These design principles for ship construction have been issued by the ISDC's Naval Architecture Group. They outline the requirements and objectives that the completed vessel will be expected to fulfill.
The ISDC requires a vessel that is capable of:
The vessel's mass must be constrained so as to ensure effective performance within the capability of current power generation and propulsion technologies.
The vessel is intended for operation only in space. Capabilities for operation in planetary atmospheric or gravitational conditions or for landing planetside are not required.
The expected design life is fifteen years. It is expected that this will be achieved through a modular design, allowing key systems and habitation spaces fitted to the spaceframe to be swapped out and upgraded throughout the vessel's design life.
In order to maximise the benefit of each mission, it is expected that the vessel will operate in deep space for extended periods of time before returning to Earth.
The vessel must be capable of sustained, independent operation in deep space (operating range) for up to six months, with the capability of operating under emergency conditions for a further six months. This will require consideration of storage capacity for fuel, supplies and spares. Installations and equipment must also have certified reliability (MTBF) ratings appropriate to this range.
The vessel must be capable of traversing a sufficient number of light years between returns to Earth (traversal range) to make the operating range effective.
This range may be achieved with a combination of fuel storage capacity and the ability to reliably gather fuel while operating.
Living conditions aboard ship are considered a major contributor to the success of extended missions in the challenging and isolated environment of deep space. Ensuring the physical and psychological wellbeing of the crew (not all of whom will be from the military) is considered vital for efficient and safe operation.
The vessel must provide a "shirt-sleeves" operating environment: Earth-normal atmospheric, gravity and background-radiation environmental conditions.
Habitation spaces must not be overly confined or restrictive. The space available for habitation spaces must be balanced with equipment and operating spaces, within the constraints on the vessel's mass and the demands of environmental systems.
In the short to medium term the ISDC will have only one vessel capable of interstellar travel which will severely limit the rescue options available should a catastrophic event occur.

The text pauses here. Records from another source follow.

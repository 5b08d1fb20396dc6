-- ===== src/Mexc/Backfill/Growth.antt =====
-- No turn of a sweep loses a row or a task.
use shortfire.Prelude.{
  ℕ, zero, suc, ◌≡◌, refl, sym, ap, ◌∙◌, ◌⊎◌, inl, inr, String, Option, none, some, List, [], ◌∷◌,
  ◌++◌, map, Holds, Holds-append_left, Holds-append_right, Result, ok, raised, ltb, Bool-cases,
}
use shortfire.Prelude.Times.{Time, to_ms}
use shortfire.Domain.Market.{Candle, Timeframe}
use shortfire.Rows.{CandleRow, candle_key}
use shortfire.Storage.{Database, copy_into_hypertable}
use shortfire.Storage.Laws.{first_write_wins}
use shortfire.Mexc.Backfill.{Fetch, candle_row, next_cursor, timeframe_ms, timeframe_to_table}
use shortfire.Mexc.Backfill.Sweep.{
  Progress, running, returned, failed, Task, Sweep, after_copy, after_page, next_page, advance_task,
  turn_at, turn, turns, started, tasks_of,
}
use mathlib.Core.Path.{subst}

module _ (db : Database candle_key) (fetch : String → Timeframe → Fetch) (since until : Time) where
  open db use {Conn, find}

  -- No row is lost.
  abbrev pub Grows : Conn → Conn → Type 0
  Grows s s' =
      (u : String) (k : String × Time) (row : CandleRow)
      → find s u k ≡ some row
      → find s' u k ≡ some row

  copy-Grows :
      (table : String) (rows : List CandleRow) (s : Conn)
      → Grows s (copy_into_hypertable db table rows s).1
  copy-Grows table rows s u k row there = first_write_wins db table u rows s k row there

  after_copy-Grows :
      (next total : ℕ) (s : Conn) (r : Result ℕ × Conn)
      → Grows s r.1
      → Grows s (after_copy db fetch since until next total r).1
  after_copy-Grows next total s (raised e, s') grows = grows
  after_copy-Grows next total s (ok n, s') grows = grows

  after_page-Grows :
      (table : String) (step total : ℕ) (s : Conn) (r : Result (List Candle))
      → Grows s (after_page db fetch since until table step total s r).1
  after_page-Grows table step total s (raised e) = λ u k row there. there
  after_page-Grows table step total s (ok []) = λ u k row there. there
  after_page-Grows table step total s (ok (c ∷ cs)) =
      after_copy-Grows (next_cursor step c cs) total s _
        (copy-Grows table (map candle_row (c ∷ cs)) s)

  pub next_page-Grows :
      (symbol : String) (tf : Timeframe) (table : Option String) (call cursor total : ℕ) (s : Conn)
      → Grows s (next_page db fetch since until symbol tf table call cursor total s).1
  unfolding next_page
  next_page-Grows symbol tf none call cursor total s = λ u k row there. there
  next_page-Grows symbol tf (some table) call cursor total s =
      elim (Bool-cases (ltb cursor (to_ms until))) [
        | inl t ↦ rw t (after_page-Grows table (timeframe_ms tf) total s _)
        | inr f ↦ rw f (λ u k row there. there)
      ]

  advance_task-Grows :
      (call : ℕ) (symbol : String) (tf : Timeframe) (p : Progress) (s : Conn)
      → Grows s
          (advance_task db fetch since until call
            (record { symbol = symbol; timeframe = tf; progress = p })
            s).1
  unfolding advance_task
  advance_task-Grows call symbol tf (running cursor total) s =
      next_page-Grows symbol tf (timeframe_to_table tf) call cursor total s
  advance_task-Grows call symbol tf (returned n) s = λ u k row there. there
  advance_task-Grows call symbol tf (failed e) s = λ u k row there. there

  pub turn_at-Grows :
      (call i : ℕ) (tasks : List Task) (s : Conn)
      → Grows s (turn_at db fetch since until call i tasks s).1
  unfolding turn_at
  turn_at-Grows call i [] s = λ u k row there. there
  turn_at-Grows call zero (t ∷ tasks) s = advance_task-Grows call t.symbol t.timeframe t.progress s
  turn_at-Grows call (suc i) (t ∷ tasks) s = turn_at-Grows call i tasks s

  -- The symbol and the timeframe of a task.
  abbrev pub label : Task → String × Timeframe
  label t = (t.symbol, t.timeframe)

  turn_at-label :
      (call i : ℕ) (tasks : List Task) (s : Conn)
      → map label (turn_at db fetch since until call i tasks s).0 ≡ map label tasks
  unfolding turn_at
  turn_at-label call i [] s = refl
  turn_at-label call zero (t ∷ tasks) s = refl
  turn_at-label call (suc i) (t ∷ tasks) s = ap (◌∷◌ (label t)) (turn_at-label call i tasks s)

  pub turns-label :
      (order : List ℕ) (w : Sweep db fetch since until)
      → map label (turns db fetch since until order w).tasks ≡ map label w.tasks
  unfolding turns turn
  turns-label [] w = refl
  turns-label (i ∷ order) w = turns-label order _ ∙ turn_at-label w.calls i w.tasks w.conn

  map-append : (xs ys : List Task) → map label (xs ++ ys) ≡ map label xs ++ map label ys
  map-append [] ys = refl
  map-append (t ∷ xs) ys = ap (◌∷◌ (label t)) (map-append xs ys)

  pub tasks_of-Holds :
      (symbol : String) (tf : Timeframe) (symbols : List String) (timeframes : List Timeframe)
      → Holds symbol symbols
      → Holds tf timeframes
      → Holds (symbol, tf) (map label (tasks_of db fetch since until symbols timeframes))
  unfolding tasks_of
  tasks_of-Holds symbol tf [] timeframes a b = absurd a
  tasks_of-Holds symbol tf (x ∷ symbols) timeframes a b =
      subst (Holds (symbol, tf))
        (sym (map-append (map (started db fetch since until x) timeframes) _))
        (here_or_later a (λ n. tasks_of-Holds symbol tf symbols timeframes n b))
    where
      of_symbol :
          (tfs : List Timeframe)
          → x ≡ symbol
          → Holds tf tfs
          → Holds (symbol, tf) (map label (map (started db fetch since until x) tfs))
      of_symbol [] e n = absurd n
      of_symbol (f ∷ tfs) e (inl e') = inl (λ i. (e i, e' i))
      of_symbol (f ∷ tfs) e (inr n) = inr (of_symbol tfs e n)

      here_or_later :
          (x ≡ symbol) ⊎ Holds symbol symbols
          → (Holds symbol symbols
              → Holds (symbol, tf) (map label (tasks_of db fetch since until symbols timeframes)))
          → Holds
              (symbol, tf)
              (map label (map (started db fetch since until x) timeframes)
                ++ map label (tasks_of db fetch since until symbols timeframes))
      here_or_later (inl e) next = Holds-append_left _ _ _ (of_symbol timeframes e b)
      here_or_later (inr n) next =
          Holds-append_right _ (map label (map (started db fetch since until x) timeframes)) _
            (next n)
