-- ===== src/Db/Index/Refs.antt =====
-- db/memory.go: how often an index lists a key under a value, before and after one append or one
-- removal.
use alma_backend_task.Prelude.{
  ℕ, ◌+◌, ◌-◌, String, ◌≡◌, refl, false, List, [], ◌∷◌, ◌++◌, ite, arith, count, erase,
  count-append, count-erase, String-discrete,
}
use alma_backend_task.GoMap
use alma_backend_task.GoMap.{get-put, get-delete}
use alma_backend_task.Value.{Value, Value-discrete}
use alma_backend_task.Db.Types.{Index}
use alma_backend_task.Db.Index.{entry, contains, delete_if_empty, append_pk, remove_pk}

unfoldable pub refs : Index → Value → String → ℕ
refs idx v pk = count String-discrete pk (entry v idx)

-- 1 if the two pairs of a value and a key are one.
unfoldable pub hit : Value → String → Value → String → ℕ
hit w q v pk = ite (Value-discrete w v) (ite (String-discrete q pk) 1 0) 0

count-one : (pk q : String) → count String-discrete pk (q ∷ []) ≡ ite (String-discrete q pk) 1 0
unfolding count
count-one pk q = refl

entry-put :
    (w v : Value) (pks : List String) (idx : Index)
    → entry v (GoMap.put Value-discrete w pks idx) ≡ ite (Value-discrete w v) pks (entry v idx)
entry-put w v pks idx = rw get-put (ground arith)

entry-delete :
    (w v : Value) (idx : Index)
    → entry v (GoMap.delete Value-discrete w idx) ≡ ite (Value-discrete w v) [] (entry v idx)
entry-delete w v idx = rw get-delete (ground arith)

pub refs-append_pk :
    (w v : Value) (q pk : String) (idx : Index)
    → refs (append_pk w q idx) v pk ≡ refs idx v pk + hit w q v pk
unfolding refs append_pk hit
refs-append_pk w v q pk idx = ground (
  arith,
  entry-put w v (entry w idx ++ q ∷ []) idx,
  count-append String-discrete pk (entry w idx) (q ∷ []),
  count-one pk q,
)

contains-cases :
    (pk : String) (pks : List String) → contains pk pks ≡ false → erase String-discrete pk pks ≡ pks
unfolding contains erase
contains-cases pk [] h = refl
contains-cases pk (p ∷ ps) h = ground (arith, contains-cases pk ps)

entry-delete_if_empty :
    (w v : Value) (ps : List String) (idx : Index)
    → entry w idx ≡ ps
    → entry v (delete_if_empty w ps idx) ≡ entry v idx
entry-delete_if_empty w v [] idx h = rw entry-delete (ground arith)
entry-delete_if_empty w v (p ∷ ps) idx h = refl

-- A removal takes the first of the key out of the entry, and leaves the others.
pub entry-remove_pk :
    (w v : Value) (q : String) (idx : Index)
    → entry v (remove_pk w q idx)
      ≡ ite (Value-discrete w v) (erase String-discrete q (entry v idx)) (entry v idx)
unfolding remove_pk
entry-remove_pk w v q idx = ground (
  arith,
  contains-cases q (entry w idx),
  entry-put w v (erase String-discrete q (entry w idx)) idx,
  entry-delete_if_empty w v (entry w idx) idx refl,
  entry-delete_if_empty w v
      (entry w (GoMap.put Value-discrete w (erase String-discrete q (entry w idx)) idx))
      (GoMap.put Value-discrete w (erase String-discrete q (entry w idx)) idx) refl,
)

pub refs-remove_pk :
    (w v : Value) (q pk : String) (idx : Index)
    → refs (remove_pk w q idx) v pk ≡ refs idx v pk - hit w q v pk
unfolding refs hit
refs-remove_pk w v q pk idx =
    ground (arith, entry-remove_pk w v q idx, count-erase String-discrete pk q (entry v idx))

The vessel's design must therefore incorporate redundancy and system duplication that is sufficient to ensure the availability of core systems in all but the most catastrophic of scenarios. The vessel must also have sufficient repair capabilities to ensure that core systems can be restored within timeframes that do not threaten the safety of the crew.
The vessel's exploration functions will extend beyond the collection of raw data for delivery back to laboratories on Earth. The vessel will be required to carry a team of scientists and provide them with equipment and laboratories so as to maximise the advantage of proximity to planetary discoveries and stellar phenomenon.
The vessel must function as an independent scientific exploration and research platform, equipped to complete first-level analysis of discoveries (for example from orbit) in sufficient detail to allow more detailed secondary exploration activity (for example planetary landings and surveys).
Data recording and sample collection/storage facilities must be sufficient to allow the capture and retention of all information considered significant enough for further detailed analysis back on Earth.
The vessel must be capable of effective self-defence in a largely unknown strategic environment. This will require versatility from defence systems.
The primary tactical scenario anticipated will be combat between vessels. It is expected that key tactical drivers in such scenarios will include the ability to avoid detection and maintain distance from threat vessels while maintaining a capability to project force at such distances.
Tactical sensory systems must be capable of identifying and tracking potential threats at the longest possible range while avoiding detection of the vessel itself.
Weapons systems must be capable of delivering tactically decisive payloads to targets at distances consistent with the safety of the ship.
Countermeasure systems must be capable of preventing or minimising damage to the vessel from threat weapon systems. It is anticipated that both kinetic and energy weapons are likely to be encountered - countermeasures to both system types are required.